Speaker of the National Council
- In office 23 March 2016 – 20 March 2020
- President: Andrej Kiska Zuzana Čaputová
- Deputy: See list Béla Bugár; Lucia Ďuriš Nicholsonová; Martin Glváč; Andrej Hrnčiar; Martin Klus;
- Preceded by: Peter Pellegrini
- Succeeded by: Boris Kollár

Deputy Speaker of the National Council
- Incumbent
- Assumed office 25 October 2023 Serving with Peter Žiga, Michal Šimečka, Ľuboš Blaha, Tibor Gašpar and Martin Dubéci
- Speaker: Peter Pellegrini Richard Raši

Member of the National Council
- Incumbent
- Assumed office 25 October 2023
- In office 23 March 2016 – 20 March 2020

Chairman of the Slovak National Party
- Incumbent
- Assumed office 6 October 2012
- Preceded by: Ján Slota

Personal details
- Born: 12 August 1974 (age 52) Revúca, Czechoslovakia (now Slovakia)
- Party: Slovak National Party
- Spouse: Silvia Žiaková ​ ​(m. 1999; div. 2014)​
- Children: 2
- Education: Comenius University (JUDr.)

= Andrej Danko =

Slovak politician

Andrej Danko (born 12 August 1974) is a Slovak politician who was the speaker of the National Council of the Slovak Republic from 2016 to 2020 and Chairman of the nationalist Slovak National Party since 2012.

==Early life==
Born in Revúca, Danko studied at the Faculty of Law at Comenius University in Bratislava.

==Career==
After compulsory military service, Danko founded several commercial companies and worked as an independent lawyer.

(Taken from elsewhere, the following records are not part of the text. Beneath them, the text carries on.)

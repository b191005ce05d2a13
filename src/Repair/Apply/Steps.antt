-- ===== src/Repair/Apply/Steps.antt =====
-- What the phases of an application leave, where they return.
use nautilus_acornfs.Prelude.{
  ℕ, Bool, if◌then◌else◌, suc, ◌≡◌, ◌∙◌, refl, sym, ap, true, false, List, [], ◌∷◌, ◌++◌, arith,
}
use mathlib.Core.List.{append_assoc, append-nil}
use nautilus_acornfs.Prelude.Result.{Result, ok, err}
use nautilus_acornfs.Validation.Findings.{Report}
use nautilus_acornfs.Repair.{RepairAction, RepairPlan}
use nautilus_acornfs.Repair.Apply.{
  applying, verified, completed, Payload, Call, checkpoint, report_progress, open_image,
  write_audit, close_image, close_unclean, pad_reserved_tail, apply_catalogue_repair, Host, Run,
  repair_call, prepare, apply_actions, remains, verify, finish,
}

abbrev pub applying_payload : Payload → Payload
applying_payload p = record p { status = applying; checkpoint_created = true }

abbrev pub prepared_run : Run → Run
prepared_run s = record s {
  made = suc (suc (suc (suc s.made)));
  calls =
      (write_audit (applying_payload s.payload), ok tt)
      ∷ (report_progress, ok tt)
      ∷ (open_image, ok tt)
      ∷ (report_progress, ok tt)
      ∷ s.calls;
  payload = applying_payload s.payload;
  image_open = true;
}

abbrev pub is_repair : Call → Bool
is_repair pad_reserved_tail = true
is_repair (apply_catalogue_repair action paths) = true
is_repair checkpoint = false
is_repair report_progress = false
is_repair open_image = false
is_repair close_image = false
is_repair close_unclean = false
is_repair (write_audit p) = false

-- The repairs that were made, that is whose call returned, latest first.
abbrev pub repairs_made : List (Call × Result (Unit {0})) → List Call
repairs_made [] = []
repairs_made ((c, ok done) ∷ calls) =
    let rest = repairs_made calls in if is_repair c then c ∷ rest else rest
repairs_made ((c, err error) ∷ calls) = repairs_made calls

module _ (h : Host) where
  pub prepare-eq : (s : Run) → (prepare h s).0 ≡ ok tt → (prepare h s).1 ≡ prepared_run s
  unfolding prepare
  prepare-eq s returned = ground arith

  -- The run behind one action that was applied.
  abbrev pub applied_run : RepairAction → Run → Run
  applied_run action s =
      let payload = record s.payload {
        applied_actions = s.payload.applied_actions ++ (action ∷ []);
      } in
      record s {
        made = suc (suc (suc (suc s.made)));
        calls =
            (write_audit payload, ok tt)
            ∷ (repair_call h action, ok tt)
            ∷ (report_progress, ok tt)
            ∷ (checkpoint, ok tt)
            ∷ s.calls;
        payload = payload;
      }

  repair_call-is_repair : (action : RepairAction) → is_repair (repair_call h action) ≡ true
  repair_call-is_repair action = ground arith

  -- The repairs that a list of actions asks for, latest first, before the earlier ones.
  abbrev pub repairs_of : List RepairAction → List Call → List Call
  repairs_of [] earlier = earlier
  repairs_of (action ∷ actions) earlier = repairs_of actions (repair_call h action ∷ earlier)

  -- What the loop leaves: each action's repair was made, in order, and is on the audit.
  abbrev pub IsApplied : List RepairAction → Run → Run → Type 0
  IsApplied actions s t =
      (t.payload ≡ record s.payload { applied_actions = s.payload.applied_actions ++ actions })
      × (t.image_open ≡ s.image_open)
      × (t.checkpoint_completed ≡ s.checkpoint_completed)
      × (repairs_made t.calls ≡ repairs_of actions (repairs_made s.calls))

  pub apply_actions-cons :
      (action : RepairAction) (actions : List RepairAction) (s : Run)
      → (apply_actions h (action ∷ actions) s).0 ≡ ok tt
      → ((apply_actions h actions (applied_run action s)).0 ≡ ok tt)
        × ((apply_actions h (action ∷ actions) s).1
            ≡ (apply_actions h actions (applied_run action s)).1)
  unfolding apply_actions
  apply_actions-cons action actions s returned = ground arith

  applied_run-made :
      (action : RepairAction) (s : Run)
      → repairs_made (applied_run action s).calls ≡ repair_call h action ∷ repairs_made s.calls
  applied_run-made action s = rw (repair_call-is_repair action) refl

  apply_actions-nil : (s : Run) → apply_actions h [] s ≡ (ok tt, s)
  unfolding apply_actions
  apply_actions-nil s = refl

  pub apply_actions-IsApplied :
      (actions : List RepairAction) (s : Run)
      → (apply_actions h actions s).0 ≡ ok tt
      → IsApplied actions s (apply_actions h actions s).1
  apply_actions-IsApplied [] s returned = rw (apply_actions-nil s) (
    ap (λ done. record s.payload { applied_actions = done })
        (sym (append-nil s.payload.applied_actions)),
    refl,
    refl,
    refl,
  )
  apply_actions-IsApplied (action ∷ actions) s returned =
      let (later, same) = apply_actions-cons action actions s returned in
      let (p, i, c, m) = apply_actions-IsApplied actions (applied_run action s) later in
      (
        ap (λ (x : Run). x.payload) same
            ∙ (p
                ∙ ap (λ done. record s.payload { applied_actions = done })
                    (append_assoc s.payload.applied_actions (action ∷ []) actions)),
        ap (λ (x : Run). x.image_open) same ∙ i,
        ap (λ (x : Run). x.checkpoint_completed) same ∙ c,
        ap (λ (x : Run). repairs_made x.calls) same
            ∙ (m ∙ ap (repairs_of actions) (applied_run-made action s)),
      )

  verified_facts :
      (plan : RepairPlan) (s : Run) (r : Report)
      → (verify h plan s).0 ≡ ok r
      → (remains plan r ≡ false)
        × ((verify h plan s).1.payload
            ≡ record s.payload { status = verified; post_validation = r ∷ [] })
        × ((verify h plan s).1.image_open ≡ s.image_open)
        × ((verify h plan s).1.checkpoint_completed ≡ s.checkpoint_completed)
        × (repairs_made (verify h plan s).1.calls ≡ repairs_made s.calls)
        × ((verify h plan s).1.calls
            ≡ (write_audit (verify h plan s).1.payload, ok tt) ∷ (report_progress, ok tt) ∷ s.calls)
        × (h.integrity_report (suc s.made) ≡ ok r)
  unfolding verify
  verified_facts plan s r returned = ground arith

  pub verify-eq :
      (plan : RepairPlan) (s : Run) (r : Report)
      → (verify h plan s).0 ≡ ok r
      → (remains plan r ≡ false)
        × ((verify h plan s).1.payload
            ≡ record s.payload { status = verified; post_validation = r ∷ [] })
        × ((verify h plan s).1.image_open ≡ s.image_open)
        × ((verify h plan s).1.checkpoint_completed ≡ s.checkpoint_completed)
        × (repairs_made (verify h plan s).1.calls ≡ repairs_made s.calls)
        × ((verify h plan s).1.calls
            ≡ (write_audit (verify h plan s).1.payload, ok tt) ∷ (report_progress, ok tt) ∷ s.calls)
        × ((n : ℕ) × (h.integrity_report n ≡ ok r))
  unfolding verify
  verify-eq plan s r returned =
      let (a, b, c, d, e, l, f) = verified_facts plan s r returned in
      (a, b, c, d, e, l, (suc s.made, f))

  -- The last calls: the image is closed cleanly, and the audit says that the repair is completed.
  abbrev pub finished_calls : Run → List (Call × Result (Unit {0}))
  finished_calls s =
      (report_progress, ok tt)
      ∷ (write_audit (record s.payload { status = completed }), ok tt)
      ∷ (close_image, ok tt)
      ∷ (report_progress, ok tt)
      ∷ s.calls

  pub finish-eq :
      (s : Run)
      → (finish h s).0 ≡ ok tt
      → ((finish h s).1.payload ≡ record s.payload { status = completed })
        × ((finish h s).1.image_open ≡ false)
        × ((finish h s).1.checkpoint_completed ≡ true)
        × ((finish h s).1.calls ≡ finished_calls s)
        × (repairs_made (finish h s).1.calls ≡ repairs_made s.calls)
  unfolding finish
  finish-eq s returned = ground arith
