-- ===== src/Repair/Apply/Guarded.antt =====
-- The order of the calls of an application.
use nautilus_acornfs.Prelude.{
  ◌≡◌, refl, Bool, true, false, ◌||◌, ◌&&◌, List, [], ◌∷◌, ◌++◌, any, arith, inl, inr, Bool-cases,
}
use nautilus_acornfs.Prelude.Result.{Result, ok, err}
use nautilus_acornfs.Prelude.Exec.{Exec, pure, modify, ◌>>◌, ◌>>=◌, bind-step, bind-keeps}
use nautilus_acornfs.Validation.Findings.{Report}
use nautilus_acornfs.Repair.{RepairAction, RepairPlan}
use nautilus_acornfs.Repair.Apply.Steps.{is_repair, prepare-eq}
use nautilus_acornfs.Repair.Apply.{
  Status, planned, applying, verified, completed, failed, Call, checkpoint, report_progress,
  open_image, close_image, close_unclean, pad_reserved_tail, apply_catalogue_repair, write_audit,
  Host, Run, Request, perform, write, update, repair_call, prepare, apply_actions, verify, finish,
  apply_plan, recovered, attempted, create_audit, admit, planned_payload, apply_repairs,
}

abbrev pub is_open : Call → Bool
is_open open_image = true
is_open checkpoint = false
is_open report_progress = false
is_open close_image = false
is_open close_unclean = false
is_open pad_reserved_tail = false
is_open (apply_catalogue_repair action paths) = false
is_open (write_audit p) = false

abbrev is_applying : Status → Bool
is_applying applying = true
is_applying planned = false
is_applying verified = false
is_applying completed = false
is_applying failed = false

abbrev pub is_applying_audit : Call → Bool
is_applying_audit (write_audit p) = is_applying p.status
is_applying_audit open_image = false
is_applying_audit checkpoint = false
is_applying_audit report_progress = false
is_applying_audit close_image = false
is_applying_audit close_unclean = false
is_applying_audit pad_reserved_tail = false
is_applying_audit (apply_catalogue_repair action paths) = false

abbrev is_returned : Result (Unit {0}) → Bool
is_returned (ok done) = true
is_returned (err error) = false

-- A call of the kind has returned.
abbrev pub returned_from : (Call → Bool) → Call × Result (Unit {0}) → Bool
returned_from kind (c, r) = kind c && is_returned r

-- The image has been opened, and an audit that repairs are applied has been written, both without an error.
abbrev pub IsPrepared : List (Call × Result (Unit {0})) → Type 0
IsPrepared calls =
    (any (returned_from is_open) calls ≡ true)
    × (any (returned_from is_applying_audit) calls ≡ true)

-- Each repair among the calls, latest first, comes behind both.
abbrev pub IsGuarded : List (Call × Result (Unit {0})) → Type 0
IsGuarded [] = Unit
IsGuarded ((c, r) ∷ calls) = (is_repair c ≡ true → IsPrepared calls) × IsGuarded calls

or_true : (b c : Bool) → c ≡ true → (b || c) ≡ true
or_true true c h = refl
or_true false c h = h

IsPrepared-cons :
    (c : Call × Result (Unit {0})) (calls : List (Call × Result (Unit {0})))
    → IsPrepared calls
    → IsPrepared (c ∷ calls)
IsPrepared-cons c calls p =
    (or_true (returned_from is_open c) _ p.0, or_true (returned_from is_applying_audit c) _ p.1)

abbrev Good : Run → Type 0
Good s = IsGuarded s.calls

abbrev Ready : Run → Type 0
Ready s = IsPrepared s.calls × IsGuarded s.calls

-- A call that is no repair keeps the calls guarded.
perform-Good :
    (h : Host) (c : Call) (s : Run) → is_repair c ≡ false → Good s → Good (perform h c s).1
perform-Good h c s no_repair good = (λ e. absurd (cc (e, no_repair)), good)

perform-Ready : (h : Host) (c : Call) (s : Run) → Ready s → Ready (perform h c s).1
perform-Ready h c s r = (IsPrepared-cons (c, h.answer s.made) s.calls r.0, ((λ e. r.0), r.1))

abbrev KeepsReady : Exec Run (Unit {0}) → Type 0
KeepsReady m = (s : Run) → Ready s → Ready (m s).1

then-Ready : (m k : Exec Run (Unit {0})) → KeepsReady m → KeepsReady k → KeepsReady (m >> k)
then-Ready m k km kk s r = bind-keeps Ready m (λ _. k) km (λ _. kk) s r

module _ (h : Host) where
  prepare-Good : (s : Run) → Good s → Good (prepare h s).1
  unfolding prepare
  prepare-Good s good = ground arith

  prepare-Ready : (s : Run) → (prepare h s).0 ≡ ok tt → Good s → Ready (prepare h s).1
  prepare-Ready s returned good = rw (prepare-eq h s returned) (
    (refl, refl),
    (
      (λ e. absurd (cc e)),
      ((λ e. absurd (cc e)), ((λ e. absurd (cc e)), ((λ e. absurd (cc e)), good))),
    ),
  )

  apply_actions-Ready :
      (actions : List RepairAction) (s : Run) → Ready s → Ready (apply_actions h actions s).1
  unfolding apply_actions
  apply_actions-Ready [] s r = r
  apply_actions-Ready (action ∷ actions) s r =
      let wrote : Exec Run (Unit {0}) = write h >> apply_actions h actions in
      let noted : Exec Run (Unit {0}) =
        update h (λ p. record p { applied_actions = p.applied_actions ++ (action ∷ []) })
        >> wrote in
      let done : Exec Run (Unit {0}) = perform h (repair_call h action) >> noted in
      then-Ready (perform h checkpoint) (perform h report_progress >> done)
        (perform-Ready h checkpoint)
        (then-Ready (perform h report_progress) done (perform-Ready h report_progress) (
          then-Ready (perform h (repair_call h action)) noted
            (perform-Ready h (repair_call h action))
            (then-Ready
              (update h (λ p. record p { applied_actions = p.applied_actions ++ (action ∷ []) }))
              wrote (λ t k. k)
              (then-Ready (write h) (apply_actions h actions)
                (λ t. perform-Ready h (write_audit t.payload) t) (apply_actions-Ready actions)))))
        s r

  verify-Good : (plan : RepairPlan) (s : Run) → Good s → Good (verify h plan s).1
  unfolding verify
  verify-Good plan s good = ground arith

  finish-Good : (s : Run) → Good s → Good (finish h s).1
  unfolding finish
  finish-Good s good = ground arith

  apply_plan-Good : (plan : RepairPlan) (s : Run) → Good s → Good (apply_plan h plan s).1
  unfolding apply_plan
  apply_plan-Good plan s good =
      let last : Report → Exec Run Report = λ report. finish h >> pure report in
      let checked : Exec Run Report = verify h plan >>= last in
      bind-step Good (prepare h) (λ _. apply_actions h plan.actions >> checked) s
        (prepare-Good s good)
        (λ _ returned.
          let t : Run = (prepare h s).1 in
          let r = apply_actions-Ready plan.actions t (prepare-Ready s returned good) in
          bind-step Good (apply_actions h plan.actions) (λ _. checked) t r.1
            (λ _ _.
              bind-keeps Good (verify h plan) last (verify-Good plan)
                (λ report. bind-keeps Good (finish h) (λ _. pure report) finish-Good (λ _ v k. k))
                (apply_actions h plan.actions t).1 r.1))

  recovered-Good : (result : Result Report) (s : Run) → Good s → Good (recovered h result s).1
  recovered-Good (ok report) s good = good
  recovered-Good (err error) s good = elim (Bool-cases s.image_open) [
    | inl p ↦ rw p ((λ e. absurd (cc e)), ((λ e. absurd (cc e)), good))
    | inr p ↦ rw p ((λ e. absurd (cc e)), good)
  ]

  create_audit-Good : (s : Run) → Good s → Good (create_audit h s).1
  unfolding create_audit
  create_audit-Good s good = ground arith

  admit-Good : (q : Request) (s : Run) → Good s → Good (admit h q s).1
  unfolding admit
  admit-Good q s good = ground arith

  -- However a run ends, each repair that was asked for came behind an opening of the image, which makes the
  -- checkpoint, that returned, and behind a write that returned, of an audit that says that repairs are
  -- applied.
  pub apply_repairs-IsGuarded :
      (q : Request) (s : Run) → IsGuarded s.calls → IsGuarded (apply_repairs h q s).1.calls
  unfolding apply_repairs
  apply_repairs-IsGuarded q s =
      bind-keeps Good (admit h q)
        (λ plan.
          modify (λ s. record s { payload = planned_payload })
          >> (create_audit h >> attempted h (apply_plan h plan)))
        (admit-Good q)
        (λ plan t.
          bind-keeps Good (create_audit h) (λ _. attempted h (apply_plan h plan)) create_audit-Good
            (λ _ u k.
              recovered-Good (apply_plan h plan u).0 (apply_plan h plan u).1
                (apply_plan-Good plan u k))
            (record t { payload = planned_payload }))
        s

Between 2006 and 2010, Danko was an assistant in the National Council of Slovakia and a member of several parliamentary commissions. He became first vice-president of the Slovak National Party in 2010. In 2012, he became the chairman of the party after getting support from many of the party's members, succeeding Ján Slota.

On 23 March 2016, Danko was elected Speaker of the National Council. He later called for the burqa to be banned in Slovakia. In 2017, he made an official visit to Russia and gave a speech to the State Duma.

In the 2020 parliamentary election, SNS failed to pass 5% threshold, losing all of their MPs.

After the 2023 parliamentary election, SNS gained 10 MPs, and joined 4th Fico's cabinet. Among them were 4 former candidets for a neo-nazi People's Party Our Slovakia (including Tomáš Taraba, who became a government minister). Other MPs were moderators of a disinformation internet television.

In 2024, Danko advocated a ban on education on gender identity and sexual orientation in Slovak schools.
===Promotion to the rank of Captain in Reserve===
In September 2016, while in his position as the Speaker of the Parliament, Danko was promoted by eight ranks (from OR-4 to O-2), to Captain in Reserve of the Slovak Army, by Minister of Defence Peter Gajdoš. The promotion was viewed by as a sign of corrupt government as a promotion by eight ranks has never happened in the history of Slovak Army, not at all to someone who has only joined mandatory national service for the period of one year. On 29 April 2020, Minister of Defence Jaroslav Naď canceled his rank.

===Plagiarism allegations===
In 2018, Danko was accused of plagiarism of his doctoral thesis at Matej Bel University in 2000. When media showed interest in his thesis, he asked the university to ban public access to it. Following public pressure, Danko removed the ban after one month and the university library allowed the public to see the thesis, but not to take pictures of it. The university set up a commission to review his thesis later that November. According to the conclusion published by the commission in January 2019, the rigorous procedure met valid regulations, but the thesis contains parts that only slightly differ from original sources, most of the thesis is the same to a large extent and it preserves also the structure of sources without proper citation or paraphrasing.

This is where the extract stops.